ASSIGNED TASK:
Report how many lines in the data include "same", with the number as the only reply.

*** RECORD SET ***

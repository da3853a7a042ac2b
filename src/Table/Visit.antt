-- ===== src/Table/Visit.antt =====
-- `table_map` of src/table.c: the order in which the entries are visited, and what is kept.
use myclib.Prelude.{ℕ, zero, suc, ◌+◌, ◌<◌, ◌≡◌, refl, [], ◌∷◌, ◌++◌, arith, ◌∙◌, ap, map}
use myclib.Table.{Ptr, Chain, Table, set_bucket, map_chain, map_loop, table_map}

-- the entries of `n` buckets from `i` on, bucket after bucket, each chain from its head
unfoldable pub entries : (ℕ → Chain) → ℕ → ℕ → Chain
entries buckets zero i = []
entries buckets (suc n) i = buckets i ++ entries buckets n (i + 1)

entries_outside :
    (buckets : ℕ → Chain) (c : Chain) (n i j : ℕ)
    → j < i
    → entries (set_bucket buckets j c) n i ≡ entries buckets n i
unfolding entries
entries_outside buckets c zero i j h = refl
entries_outside buckets c (suc n) i j h = ground (arith, entries_outside buckets c n (i + 1) j)

module _ {S : Type 0} (apply : Ptr → Ptr → S → Ptr × S) where
  map_chain-append :
      (c d : Chain) (cl : S)
      → let (c', cl') = map_chain apply c cl in
        let (d', cl'') = map_chain apply d cl' in map_chain apply (c ++ d) cl ≡ (c' ++ d', cl'')
  unfolding map_chain
  map_chain-append [] d cl = refl
  map_chain-append (e ∷ c) d cl =
      let cl' = (apply e.key e.value cl).1 in rw (map_chain-append c d cl')

  map_loop_lem :
      (n i : ℕ) (buckets : ℕ → Chain) (cl : S)
      → let (after, cl') = map_loop apply n i buckets cl in
        ((entries after n i, cl') ≡ map_chain apply (entries buckets n i) cl)
        × ((j : ℕ) → j < i → after j ≡ buckets j)
  unfolding map_loop map_chain entries
  map_loop_lem zero i buckets cl = (refl, λ j lt. refl)
  map_loop_lem (suc n) i buckets cl =
      let (c, cl') = map_chain apply (buckets i) cl in
      let (rest, kept) = map_loop_lem n (i + 1) (set_bucket buckets i c) cl' in
      let later = entries_outside buckets c n (i + 1) i (omega arith) in
      let here = kept i (omega arith) in
      (
        ground
            (arith, map_chain-append (buckets i) (entries buckets n (i + 1)) cl, rest, later, here),
        λ j lt. ground (arith, kept j),
      )

  map_chain-keys :
      (c : Chain) (cl : S) → map (λ e. e.key) (map_chain apply c cl).0 ≡ map (λ e. e.key) c
  unfolding map_chain
  map_chain-keys [] cl = refl
  map_chain-keys (e ∷ c) cl = ap (λ r. e.key ∷ r) (map_chain-keys c (apply e.key e.value cl).1)

  -- `table_map` calls `apply` once for each entry, bucket after bucket and each chain from its head,
  -- handing the caller's data from call to call; each value is replaced by what its call leaves, and
  -- the keys, their order and the fields of the table stay.
  pub table_map_lem :
      (tb : Table) (cl : S)
      → let all = entries tb.buckets tb.size 0 in
        let (tb', cl') = table_map apply tb cl in
        let after = entries tb'.buckets tb'.size 0 in
        ((after, cl') ≡ map_chain apply all cl)
        × (map (λ e. e.key) after ≡ map (λ e. e.key) all)
        × (tb'.size ≡ tb.size)
        × (tb'.length ≡ tb.length)
  unfolding table_map
  table_map_lem tb cl =
      let (same, kept) = map_loop_lem tb.size 0 tb.buckets cl in
      (
        same,
        ap (λ p. map (λ e. e.key) p.0) same ∙ map_chain-keys (entries tb.buckets tb.size 0) cl,
        refl,
        refl,
      )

***

RESPONSE TO THE TASK:
3